The tenor recitative reverses the motion of the bass, modulating from minor to major and changing the emphasis of the text from humility to celebration. It is secco, short, and simple in its melody.

The final movement is a four-part setting of the eighth and final stanza of Herman's chorale.

== Recordings ==
- Amsterdam Baroque Orchestra & Choir, Ton Koopman. J. S. Bach: Complete Cantatas Vol. 18. Antoine Marchand, 2002.
- Bach Collegium Japan, Masaaki Suzuki. J. S. Bach: Cantatas Vol. 43. BIS, 2008.

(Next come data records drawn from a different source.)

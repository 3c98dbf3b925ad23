-- ===== src/FramedSession.antt =====
-- Protocols/Framing/Server/ClientSession.cpp: a session with a transmit queue that pushes back.
-- A function models what a thread does while it holds `m_txMutex`; where the thread waits on a
-- condition variable it returns `waits`. `Queue` interleaves these sections.
pub mod Queue
pub mod Backpressure
pub mod Loops
pub mod EndToEnd
use tcp_simple_chat.Base.{
  is_empty, ℕ, zero, suc, ◌+◌, ◌-◌, ◌*◌, ◌%◌, ◌^◌, List, [], ◌∷◌, ◌++◌, Bool, true, false, not,
  ◌&&◌, ◌||◌, Option, none, some, length, ltb, leb, if◌then◌else◌,
}
use tcp_simple_chat.Net.{Net}
use tcp_simple_chat.Framing.{Host, send_frame, recv_frame}

abbrev pub Message : Type 0
Message = List ℕ

abbrev pub tx_hwm_bytes : ℕ
tx_hwm_bytes = 256 * 1024

-- `m_socket` is `none` for INVALID_SOCKET; a thread is there while it is joinable.
pub record Session : Type 0 where
  pub socket : Option ℕ
  pub tx_queue : List Message
  pub tx_bytes_queued : ℕ
  pub active : Bool
  pub rx_thread : Bool
  pub tx_thread : Bool

unfoldable pub make : ℕ → Session
make socket = record {
  socket = some socket;
  tx_queue = [];
  tx_bytes_queued = 0;
  active = false;
  rx_thread = false;
  tx_thread = false;
}

unfoldable pub start : Session → Session
start s = record s { active = true; rx_thread = true; tx_thread = true }

-- A section that returns, or that waits for a notification.
pub data Progress : Type 0 where
  waits : Progress
  returns : Session → Progress

-- The predicate of `m_txNotFull.wait` in `SendMsg`; a `size_t` sum wraps.
unfoldable pub has_room : Session → ℕ → Bool
has_room s size = not s.active || leb ((s.tx_bytes_queued + size) % 2 ^ 64) tx_hwm_bytes

-- `SendMsg` from the lock on.
unfoldable pub enqueue : Session → Message → Progress
unfolding has_room
enqueue s msg =
    if not (has_room s (length msg))
    then waits
    else if not s.active
    then returns s
    else returns (record s {
      tx_queue = s.tx_queue ++ (msg ∷ []);
      tx_bytes_queued = (s.tx_bytes_queued + length msg) % 2 ^ 64;
    })

-- `SendMsg` when no other thread comes between its first test and the lock.
unfoldable pub send_msg : Session → Message → Progress
unfolding enqueue
send_msg s msg = if not s.active then returns s else enqueue s msg

-- The locked section of a round of `SendLoop`.
pub data Dequeued : Type 0 where
  idles : Dequeued
  exits : Dequeued
  takes : Message → Session → Dequeued

unfoldable pub take_front : Session → List Message → Dequeued
take_front s [] = if s.active then idles else exits
take_front s (msg ∷ rest) = takes msg (record s {
  tx_queue = rest;
  tx_bytes_queued =
      if leb (length msg) s.tx_bytes_queued then s.tx_bytes_queued - length msg else 0;
})

unfoldable pub dequeue : Session → Dequeued
unfolding take_front
dequeue s = take_front s s.tx_queue

-- `m_active.store(false)`, after a failed `send_frame`, at the end of `RecvLoop`, and first in `Stop`.
unfoldable pub deactivate : Session → Session
deactivate s = record s { active = false }

-- The rest of `Stop`, once both threads have ended: the socket is closed and the queue is dropped.
unfoldable pub close : Session → Session
close s = record s {
  socket = none;
  rx_thread = false;
  tx_thread = false;
  tx_queue = [];
  tx_bytes_queued = 0;
}

unfoldable pub stop : Session → Session
unfolding deactivate close
stop s = close (deactivate s)

module _ (net : Net) (host : Host) (socket : ℕ) where
  open net use {World}

  -- How `SendLoop` stops: blocked on an empty queue, left, or after a send that failed.
  pub data Sending : Type 0 where
    blocked : Session → World → Sending
    left : Session → World → Sending
    failed : Session → World → Sending

  unfoldable pub after_frame :
      (World → Session → Option Sending) → Session → Option (Bool × World) → Option Sending
  after_frame again s none = none
  after_frame again s (some (false, w)) = some (failed (deactivate s) w)
  after_frame again s (some (true, w)) = again w s

  unfoldable pub after_dequeue :
      ℕ → (World → Session → Option Sending) → World → Session → Dequeued → Option Sending
  after_dequeue bound again w s idles = some (blocked s w)
  after_dequeue bound again w s exits = some (left s w)
  after_dequeue bound again w s (takes msg s') =
      after_frame again s' (send_frame net socket host bound w msg)

  -- `SendLoop` while no other thread changes the session: at most `fuel` rounds, and `bound` calls
  -- of `send` for a block of bytes.
  unfoldable pub send_loop : ℕ → ℕ → World → Session → Option Sending
  unfolding after_dequeue after_frame deactivate
  send_loop zero bound w s = none
  send_loop (suc fuel) bound w s = after_dequeue bound (send_loop fuel bound) w s (dequeue s)

  module _ (S : Type 0) (is_active : S → Bool) (broadcast : S → Message → S) where
    unfoldable pub after_message :
        (World → S → Option (S × World)) → S → Option (Bool × Message × World) → Option (S × World)
    after_message again st none = none
    after_message again st (some (false, msg, w)) = some (st, w)
    after_message again st (some (true, msg, w)) = again w (broadcast st msg)

    -- The loop of `RecvLoop`: `S` is the server with its sessions, `broadcast` is
    -- `BroadcastMsg(msg, this)` and `is_active` reads `m_active`.
    unfoldable pub recv_loop : ℕ → ℕ → World → S → Option (S × World)
    unfolding after_message
    recv_loop zero bound w st = none
    recv_loop (suc fuel) bound w st = elim (is_active st) [
      | false ↦ some (st, w)
      | true ↦ after_message (recv_loop fuel bound) st (recv_frame net socket host bound w)
    ]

- Choir and Orchestra "Pro Arte" Munich, Kurt Redel. J. S. Bach: Cantatas Nos. 157 · 55 · 151. Erato, 1956.
- Frankfurter Kantorei / Bach-Collegium Stuttgart, Helmuth Rilling. Die Bach Kantate. Hänssler, 1971.
- Holland Boys Choir / Netherlands Bach Collegium, Pieter Jan Leusink. Bach Edition Vol. 12 – Cantatas Vol. 6. Brilliant Classics, 1999.
- Monteverdi Choir / English Baroque Soloists, John Eliot Gardiner. Bach Cantatas Vol. 15: New York. Soli Deo Gloria, 2000.